MD set up for all-atom Protein-ssDNA complex systems

GROMACS version: 2020.3
GROMACS modification: No

I am fairly newly to MD and would like to simulate a protein-ssDNA complex. I have been reading the literature to try and establish the best set up for my system and I am more than happy to hear suggestions from the community or alternatively to discuss the current state/best practice set up for these types of simulations in general.

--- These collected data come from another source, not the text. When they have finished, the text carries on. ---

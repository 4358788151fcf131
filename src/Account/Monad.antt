-- ===== src/Account/Monad.antt =====
-- Operations of an account session (src/account/AccountSession.h): each reads and changes the
-- members and the outside world, and returns or throws. What an operation changed before it threw
-- stays changed.
use msime_linux.Base.{ℕ, Bool, true, Option, if◌then◌else◌}
use msime_linux.Account.Types.{Error, failure, SavedSession}

pub data Reply (A : Type 0) : Type 0 where
  done : A → Reply A
  threw : Error → Reply A

-- The result of a call that returns nothing.
pub data Nothing : Type 0 where
  nothing : Nothing

-- `world` is what lies outside the object: the account service, the keyring, the clock.
pub record Members (W : Type 0) : Type 0 where
  pub restored : Bool
  pub generation : ℕ
  pub session : Option SavedSession
  pub world : W

-- An operation, and a call of code outside the object.
abbrev pub Op : Type 0 → Type 0 → Type 0
Op W A = Members W → Reply A × Members W

abbrev pub Call : Type 0 → Type 0 → Type 0
Call W A = W → Reply A × W

-- `online::CancellationCheck`: empty, or a callback.
abbrev pub Cancellation : Type 0 → Type 0
Cancellation W = Option (W → Bool)

module _ {W : Type 0} where
  unfoldable pub after : {A B : Type 0} → (A → Op W B) → Reply A × Members W → Reply B × Members W
  after f (done a, m) = f a m
  after f (threw e, m) = (threw e, m)

  infixl 5 ◌>>=◌
  unfoldable pub ◌>>=◌ : {A B : Type 0} → Op W A → (A → Op W B) → Op W B
  unfolding after
  (op >>= f) m = after f (op m)

  unfoldable pub give : {A : Type 0} → A → Op W A
  give a m = (done a, m)

  unfoldable pub throw : {A : Type 0} → Error → Op W A
  throw e m = (threw e, m)

  unfoldable pub require : Error → Bool → Op W Nothing
  unfolding give throw
  require e test = if test then give nothing else throw e

  unfoldable pub get : Op W (Members W)
  get m = (done m, m)

  unfoldable pub outside : {A : Type 0} → Call W A → Op W A
  outside call m = let (r, w) = call m.world in (r, record m { world = w })

-- The failure of an operation that came too late, or was cancelled: `Failure(0, true)`.
abbrev pub cancelled_failure : Error
cancelled_failure = failure 0 true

My simulation set up will contain the protein and a short ssDNA fragment of ~20 nucleotides in 0.15 M NaCl, tip3p water model. I am interested in analysing protein-DNA interactions to investigate DNA arrangement and dynamics, as well as protein-ion interactions. The only information I have about potential interactions are from the structure which suggests a weak co-ordination of the phosphate backbone to positively charged residues.

I gather that the CHARMM and AMBER forcefields are most commonly used to simulate protein-DNA systems. However a couple of years ago this paper came out highlighting some artefacts with the CHARMM36 forcefield when simulating dsDNA over longer microsecond timescales. https://pubs.acs.org/doi/10.1021/acs.jpcb.9b09106. Although my simulation set up will be very different to what was done in this paper, I am leaning towards using the AMBER forcefields due to potential problems with CHARMM. But the CHARMM36 forcefield may model protein-ssDNA dynamics fine over long timescales, I need to do more reading on this and I actually don’t know if the problem is only with dsDNA. I wondered if anyone had any input.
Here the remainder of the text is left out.